In other words, AG Mortgage Investment Trust didn’t really make enough profit to cover its dividend for the quarter.

But don’t bail on the company just yet.

In full-year 2018, AG Mortgage pocketed core earnings of $2.08 per diluted common share. Its declared dividends, on the other hand, totaled $1.975 per share. So the company actually earned more than enough money to cover its payout for the year.

The Bottom Line on AG Mortgage Investment Trust Inc

As you would expect, a stock with a double-digit yield is probably not going to be perfect. In particular, the company’s book value has declined quite a bit in its latest reporting quarter.

During the earnings conference call, AG Mortgage’s Chief Executive Officer David Roberts said the following:

In the fourth quarter, market conditions were volatile and agency RMBS spreads widened as interest rates fell sharply while credit spreads widened in sympathy with the broader markets.
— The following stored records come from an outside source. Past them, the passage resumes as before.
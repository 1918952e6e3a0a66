-- ===== src/Generics/Iter.antt =====
-- `SelectIter` in the loop `for v, err := range SelectIter[T](…) { … }`.
pub mod Left
pub mod Collect
use sqlx_v.Prelude.{ℕ, Bool, true, false, Option, none, some, List, [], ◌==◌, if◌then◌else◌}
use sqlx_v.Errors.{Error, stop_iter, errorf, Result, ok, fail, panics}
use sqlx_v.Value.{GoType, kind, is_pointer}
use sqlx_v.Reflectx.Mapper.{Mapper}
use sqlx_v.Reflectx.Address.{Memory}
use sqlx_v.Reflectx.Tags.{Setting}
use sqlx_v.Engine.Dest.{Slot}
use sqlx_v.Engine.Scan.{SqlRows, Caches, Scanned, iterate_scan}
use sqlx_v.Engine.Scan.Select.{Item, copied_item, cells_from, new_object}
use sqlx_v.Handles.{Queryer, extract_meta}
use sqlx_v.Generics.{has_no_type, elem_type}

-- Whether the loop goes on, and where it was left.
pub data Phase : Type 0 where
  running left_at_row left_at_error : Phase

-- The loop: the variables of its body, and where it is.
pub record Loop (Y : Type 0) : Type 0 where
  pub vars : Y
  pub phase : Phase

-- The loop's body: true if it goes on, and false behind a `break` or a `return`.
abbrev pub Body : Type 0 → Type 0
Body Y = Result Item → Y → Y × Bool

abbrev pub next_phase : Bool → Phase → Phase
next_phase true left = running
next_phase false left = left

-- `yield` of the compiler's: a call behind the one that returned false panics.
unfoldable pub call_yield :
    {Y : Type 0} → Body Y → Phase → Result Item → Loop Y → Loop Y × Result Bool
call_yield body left v w = elim w.phase [
  | running ↦
      let (y, go_on) = body v w.vars in
      (record { vars = y; phase = next_phase go_on left }, ok go_on)
  | left_at_row ↦ (w, panics)
  | left_at_error ↦ (w, panics)
]

-- `if !yield(…) { return ErrStopIter }; return nil`.
abbrev pub stop_unless : Result Bool → Result (Unit {0})
stop_unless (ok true) = ok tt
stop_unless (ok false) = fail stop_iter
stop_unless (fail e) = fail e
stop_unless panics = panics

-- What `yield` of an error leaves: the iterator returns, whatever its result.
abbrev pub return_after : Result Bool → Result (Unit {0})
return_after (ok _) = ok tt
return_after (fail e) = fail e
return_after panics = panics

-- The closure that is passed to `iterateScan`. For a type of pointers `vp.Elem()` is the object, whose
-- type is not `T`, so the assertion `.(T)` panics.
unfoldable pub yield_row :
    {Y : Type 0} → Body Y → Bool → ℕ → ℕ → Memory → Loop Y → Loop Y × Result (Unit {0})
unfolding call_yield
yield_row body true n vp m w = (w, panics)
yield_row body false n vp m w =
    let (w', r) = call_yield body left_at_row (ok (copied_item (cells_from m vp n))) w in
    (w', stop_unless r)

unfoldable pub yield_error : {Y : Type 0} → Body Y → Error → Loop Y → Loop Y × Result (Unit {0})
unfolding call_yield
yield_error body e w =
    let (w', r) = call_yield body left_at_error (fail e) w in (w', return_after r)

-- Behind `iterateScan`.
unfoldable pub after_rows :
    {Y : Type 0} → Body Y → Loop Y → Result (Unit {0}) → Loop Y × Result (Unit {0})
unfolding yield_error
after_rows body w (ok _) = (w, ok tt)
after_rows body w (fail e) = yield_error body (errorf "sqlx: error in SelectIter scan: %w" [] e) w
after_rows body w panics = (w, panics)

module _ {R Y : Type 0} (env : Setting) (size : GoType → ℕ)
    (sql_scan : R → List Slot → Memory → Memory × Result (Unit {0})) (body : Body Y) where
  -- Behind the query, with what `extractMeta` finds.
  unfoldable pub iter_rows :
      SqlRows R → GoType → Bool → Bool → Caches → Memory → Loop Y → Scanned R (Loop Y)
  unfolding yield_row
  iter_rows rows t is_unsafe strict caches memory w =
      iterate_scan env size sql_scan (new_object (size (elem_type t)))
        (yield_row body (is_pointer (kind t)) (size (elem_type t))) rows (elem_type t) is_unsafe
        strict caches memory w

  unfoldable pub iter_with :
      SqlRows R → GoType → Bool → Bool → Caches → Memory → Loop Y → Loop Y × Result (Unit {0})
  unfolding iter_rows after_rows
  iter_with rows t is_unsafe strict caches memory w =
      if has_no_type t
      then (w, panics)
      else let s = iter_rows rows t is_unsafe strict caches memory w in
        after_rows body s.scan.out s.result

-- The loop over `SelectIter`; `queried` is what `q.QueryContext` returns, and the result tells whether
-- the iterator returns.
unfoldable pub select_iter :
    {R Y : Type 0}
    → Mapper
    → Setting
    → (GoType → ℕ)
    → (R → List Slot → Memory → Memory × Result (Unit {0}))
    → Body Y
    → Queryer
    → Result (SqlRows R)
    → GoType
    → Caches
    → Memory
    → Y
    → Loop Y × Result (Unit {0})
unfolding extract_meta iter_with yield_error
select_iter default_mapper env size sql_scan body q queried t caches memory y =
    let w : Loop _ = record { vars = y; phase = running } in
    elim queried [
      | ok rows ↦
          let (is_unsafe, strict, mapper) = extract_meta default_mapper q in
          iter_with (record env { mapper = mapper }) size sql_scan body rows t is_unsafe strict
            caches memory w
      | fail e ↦ yield_error body (errorf "sqlx: error in SelectIter rows: %w" [] e) w
      | panics ↦ (w, panics)
    ]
As a result, our book value declined 10.2% in the prior quarter. The fourth quarter decline in book value constituted most of the decline for the full year 2018 book value of 12.3%.

(Source: “AG Mortgage Investment Trust, Inc. (MITT) CEO David Roberts on Q4 2018 Results – Earnings Call Transcript,” Seeking Alpha, February 27, 2019.)

Still, it should be noted that MITT stock trades at $16.94 per share at the time of writing, which is lower than its last-reported book value of $17.21 per share. Moreover, Roberts noted that through January 2019, “there has been a modest recovery in the market for risk assets and the agency basis and we estimate that book value increased approximately 2% through January 31, 2019.” (Source: Ibid.)

Bottom Line: AG Mortgage Investment Trust Inc is an inexpensive stock with a solid business model in place. If the company can improve its dividend coverage—so it would leave a wider margin of safety—MITT stock’s 11.8% yield would be worth a look.